▶ _BRIEF_:
Your reply should consist solely of the lines from the start of the material below through the line containing "key_id_shape (a ∷ b ∷ []) h e = cc", reproduced exactly.

▶ _DATA TO USE_:
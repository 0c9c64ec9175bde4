-- ===== src/Script/Compress/RoundTrip.antt =====
-- What `Decompress` makes of what `Compress` wrote.
use tetra.Prelude.{
  ℕ, zero, suc, Option-cases, ◌+◌, ◌%◌, ◌≡◌, ◌⊎◌, inl, inr, refl, ap, sym, Bool, true, false, ◌&&◌,
  List, [], ◌∷◌, ◌++◌, none, some, ◌==◌, ==_iff, ◌∙◌, if◌then◌else◌, length, length-take, get_or,
  take, arith,
}
use tetra.Script.Opcode.{value}
use tetra.Script.Compress.{
  Curve, is_to_key_id, is_to_script_id, short_pub_key, long_pub_key, compress_key, get_special_size,
  is_to_pub_key, compress, decompress,
}

-- The bytes of a script in front of its last one, or of its last two.
split_one : (n : ℕ) (xs : List ℕ) → length xs ≡ suc n → take n xs ++ get_or xs n 0 ∷ [] ≡ xs
split_one n [] h = ground arith
split_one zero (x ∷ []) h = refl
split_one zero (x ∷ y ∷ xs) h = ground arith
split_one (suc n) (x ∷ xs) h = ap (λ r. x ∷ r) (split_one n xs (omega arith))

split_two :
    (n : ℕ) (xs : List ℕ)
    → length xs ≡ suc (suc n)
    → take n xs ++ get_or xs n 0 ∷ get_or xs (suc n) 0 ∷ [] ≡ xs
split_two n [] h = ground arith
split_two zero (x ∷ []) h = ground arith
split_two zero (x ∷ y ∷ []) h = refl
split_two zero (x ∷ y ∷ z ∷ xs) h = ground arith
split_two (suc n) (x ∷ xs) h = ap (λ r. x ∷ r) (split_two n xs (omega arith))

-- The scripts that are recognized.
key_id_shape :
    (s h : List ℕ)
    → is_to_key_id s ≡ some h
    → (s ≡ 0x76 ∷ 0xa9 ∷ 20 ∷ (h ++ 0x88 ∷ 0xac ∷ [])) × (length h ≡ 20)
unfolding is_to_key_id value
key_id_shape [] h e = cc
key_id_shape (a ∷ []) h e = cc
key_id_shape (a ∷ b ∷ []) h e = cc
key_id_shape (a ∷ b ∷ c ∷ r) h e = ground (arith, split_two 20 r, length-take 20 r)

script_id_shape :
    (s h : List ℕ)
    → is_to_script_id s ≡ some h
    → (s ≡ 0xa9 ∷ 20 ∷ (h ++ 0x87 ∷ [])) × (length h ≡ 20)
unfolding is_to_script_id value
script_id_shape [] h e = cc
script_id_shape (a ∷ []) h e = cc
script_id_shape (a ∷ b ∷ r) h e = ground (arith, split_one 20 r, length-take 20 r)

short_shape :
    (s key : List ℕ)
    → short_pub_key s ≡ some key
    → (p : ℕ) × (x : List ℕ) × ((p ≡ 2) ⊎ (p ≡ 3))
      × (length x ≡ 32)
      × (key ≡ p ∷ x)
      × (s ≡ 33 ∷ p ∷ (x ++ 0xac ∷ []))
unfolding short_pub_key value
short_shape [] key e = cc
short_shape (a ∷ []) key e = cc
short_shape (a ∷ b ∷ r) key e = (
  b,
  take 32 r,
  ground arith,
  ground (arith, length-take 32 r),
  ground arith,
  ground (arith, split_one 32 r),
)

some_branch :
    (test : Bool) (x y : List ℕ)
    → (if test then some x else none) ≡ some y
    → (test ≡ true) × (x ≡ y)
some_branch true x y e = (refl, ground (arith, e))
some_branch false x y e = cc

four_hold :
    (p q r s : Bool) → (p && q && r && s) ≡ true → (p ≡ true) × (q ≡ true) × (r ≡ true) × (s ≡ true)
four_hold p q r s h = ground arith

long_shape :
    (s key : List ℕ)
    → long_pub_key s ≡ some key
    → (xy : List ℕ) × (length xy ≡ 64) × (key ≡ 4 ∷ xy) × (s ≡ 65 ∷ 4 ∷ (xy ++ 0xac ∷ []))
unfolding long_pub_key value
long_shape [] key e = cc
long_shape (a ∷ []) key e = cc
long_shape (a ∷ b ∷ r) key e =
    let (holds, taken) = some_branch _ (b ∷ take 64 r) key e in
    let (size, first, last, point) =
      four_hold (length (a ∷ b ∷ r) == 67) (a == 65) (get_or r 64 0 == 0xac) (b == 4) holds in
    let full : length r ≡ 65 = omega (arith, (==_iff (length (a ∷ b ∷ r)) 67).0 size) in
    let is_4 : b ≡ 4 = (==_iff b 4).0 point in
    let is_65 : a ≡ 65 = (==_iff a 65).0 first in
    let is_checksig : get_or r 64 0 ≡ 0xac = (==_iff (get_or r 64 0) 0xac).0 last in
    let whole = split_one 64 r full in
    (
      take 64 r,
      omega (arith, length-take 64 r),
      sym taken ∙ ap (λ x. x ∷ take 64 r) is_4,
      rw (is_65, is_4) (ap (λ x. 65 ∷ 4 ∷ x) (sym (rw is_checksig at whole))),
    )

parity : (n : ℕ) → (n % 2 ≡ 0) ⊎ (n % 2 ≡ 1)
parity n = omega arith

take_all : (n : ℕ) (xs : List ℕ) → length xs ≡ n → take n xs ≡ xs
take_all zero [] h = refl
take_all zero (x ∷ xs) h = ground arith
take_all (suc n) [] h = refl
take_all (suc n) (x ∷ xs) h = ap (λ r. x ∷ r) (take_all n xs (omega arith))

module _ (curve : Curve) where
  open curve use {is_fully_valid, decompress_key}

  -- The point of a valid key has one short form, the parity of its last byte and its first half.
  abbrev pub HasShortForms : Type 0
  HasShortForms =
      (xy : List ℕ)
      → length xy ≡ 64
      → is_fully_valid (4 ∷ xy) ≡ true
      → decompress_key ((2 + get_or xy 63 0 % 2) ∷ take 32 xy) ≡ some (4 ∷ xy)

  decompress_key_id :
      (h : List ℕ)
      → length h ≡ 20
      → (get_special_size 0 ≡ 20)
        × (decompress curve 0 h ≡ some (0x76 ∷ 0xa9 ∷ 20 ∷ (h ++ 0x88 ∷ 0xac ∷ [])))
  unfolding decompress get_special_size value
  decompress_key_id h size = (refl, rw (take_all 20 h size) refl)

  decompress_script_id :
      (h : List ℕ)
      → length h ≡ 20
      → (get_special_size 1 ≡ 20) × (decompress curve 1 h ≡ some (0xa9 ∷ 20 ∷ (h ++ 0x87 ∷ [])))
  unfolding decompress get_special_size value
  decompress_script_id h size = (refl, rw (take_all 20 h size) refl)

  decompress_short :
      (p : ℕ) (x : List ℕ)
      → (p ≡ 2) ⊎ (p ≡ 3)
      → length x ≡ 32
      → (get_special_size p ≡ 32)
        × (decompress curve p x ≡ some (33 ∷ p ∷ (x ++ 0xac ∷ [])))
        × (compress_key (p ∷ x) ≡ p ∷ x)
  unfolding decompress get_special_size value compress_key
  decompress_short p x (inl e) size =
      rw e (refl, rw (take_all 32 x size) refl, rw (take_all 32 x size) refl)
  decompress_short p x (inr e) size =
      rw e (refl, rw (take_all 32 x size) refl, rw (take_all 32 x size) refl)

  decompress_long :
      HasShortForms
      → (xy : List ℕ) → length xy ≡ 64
      → is_fully_valid (4 ∷ xy) ≡ true
      → (q : ℕ) × (compress_key (4 ∷ xy) ≡ q ∷ take 32 xy)
        × (get_special_size q ≡ 32)
        × (decompress curve q (take 32 xy) ≡ some (65 ∷ 4 ∷ (xy ++ 0xac ∷ [])))
  unfolding decompress get_special_size value compress_key
  decompress_long forms xy size valid =
      let form = forms xy size valid in
      let half : take 32 (take 32 xy) ≡ take 32 xy =
        take_all 32 (take 32 xy) (omega (arith, length-take 32 xy)) in
      elim (parity (get_or xy 63 0)) [
        | inl even ↦ (4, rw even refl, refl, rw (half, rw even at form, size) refl)
        | inr odd ↦ (5, rw odd refl, refl, rw (half, rw odd at form, size) refl)
      ]

  -- A script that is compressed comes back, where the points of valid keys have short forms that give
  -- them back: the first byte tells how many bytes follow it, and decompressing these gives the script.
  pub decompress-compress :
      HasShortForms
      → (s out : List ℕ) → compress curve s ≡ some out
      → (n : ℕ) × (bytes : List ℕ) × (out ≡ n ∷ bytes)
        × (length bytes ≡ get_special_size n)
        × (decompress curve n bytes ≡ some s)
  unfolding compress is_to_pub_key
  decompress-compress forms s out e = elim (Option-cases (is_to_key_id s)) [
    | inr (h, key_id) ↦
        let (shape, size) = key_id_shape s h key_id in
        let (special, back) = decompress_key_id h size in
        (0, h, ground arith, size ∙ sym special, back ∙ ap some (sym shape))
    | inl no_key_id ↦ elim (Option-cases (is_to_script_id s)) [
      | inr (h, script_id) ↦
          let (shape, size) = script_id_shape s h script_id in
          let (special, back) = decompress_script_id h size in
          (1, h, ground arith, size ∙ sym special, back ∙ ap some (sym shape))
      | inl no_script_id ↦ elim (Option-cases (short_pub_key s)) [
        | inr (key, short) ↦
            let (p, x, which, size, is_key, shape) = short_shape s key short in
            let (special, back, form) = decompress_short p x which size in
            (p, x, ground arith, size ∙ sym special, back ∙ ap some (sym shape))
        | inl no_short ↦ elim (Option-cases (long_pub_key s)) [
          | inr (key, long) ↦
              let (xy, size, is_key, shape) = long_shape s key long in
              let valid : is_fully_valid (4 ∷ xy) ≡ true = ground arith in
              let (q, form, special, back) = decompress_long forms xy size valid in
              let half : length (take 32 xy) ≡ 32 = omega (arith, length-take 32 xy) in
              (q, take 32 xy, ground arith, half ∙ sym special, back ∙ ap some (sym shape))
          | inl no_long ↦ ground arith
        ]
      ]
    ]
  ]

▶ _OUTPUT OF THE EXERCISE_:
repository 0c9c64ec9175bde4
-- ===== src/Script/Compress/RoundTrip.antt =====
-- What `Decompress` makes of what `Compress` wrote.
use tetra.Prelude.{
  ℕ, zero, suc, Option-cases, ◌+◌, ◌%◌, ◌≡◌, ◌⊎◌, inl, inr, refl, ap, sym, Bool, true, false, ◌&&◌,
  List, [], ◌∷◌, ◌++◌, none, some, ◌==◌, ==_iff, ◌∙◌, if◌then◌else◌, length, length-take, get_or,
  take, arith,
}
use tetra.Script.Opcode.{value}
use tetra.Script.Compress.{
  Curve, is_to_key_id, is_to_script_id, short_pub_key, long_pub_key, compress_key, get_special_size,
  is_to_pub_key, compress, decompress,
}

-- The bytes of a script in front of its last one, or of its last two.
split_one : (n : ℕ) (xs : List ℕ) → length xs ≡ suc n → take n xs ++ get_or xs n 0 ∷ [] ≡ xs
split_one n [] h = ground arith
split_one zero (x ∷ []) h = refl
split_one zero (x ∷ y ∷ xs) h = ground arith
split_one (suc n) (x ∷ xs) h = ap (λ r. x ∷ r) (split_one n xs (omega arith))

split_two :
    (n : ℕ) (xs : List ℕ)
    → length xs ≡ suc (suc n)
    → take n xs ++ get_or xs n 0 ∷ get_or xs (suc n) 0 ∷ [] ≡ xs
split_two n [] h = ground arith
split_two zero (x ∷ []) h = ground arith
split_two zero (x ∷ y ∷ []) h = refl
split_two zero (x ∷ y ∷ z ∷ xs) h = ground arith
split_two (suc n) (x ∷ xs) h = ap (λ r. x ∷ r) (split_two n xs (omega arith))

-- The scripts that are recognized.
key_id_shape :
    (s h : List ℕ)
    → is_to_key_id s ≡ some h
    → (s ≡ 0x76 ∷ 0xa9 ∷ 20 ∷ (h ++ 0x88 ∷ 0xac ∷ [])) × (length h ≡ 20)
unfolding is_to_key_id value
key_id_shape [] h e = cc
key_id_shape (a ∷ []) h e = cc
key_id_shape (a ∷ b ∷ []) h e = cc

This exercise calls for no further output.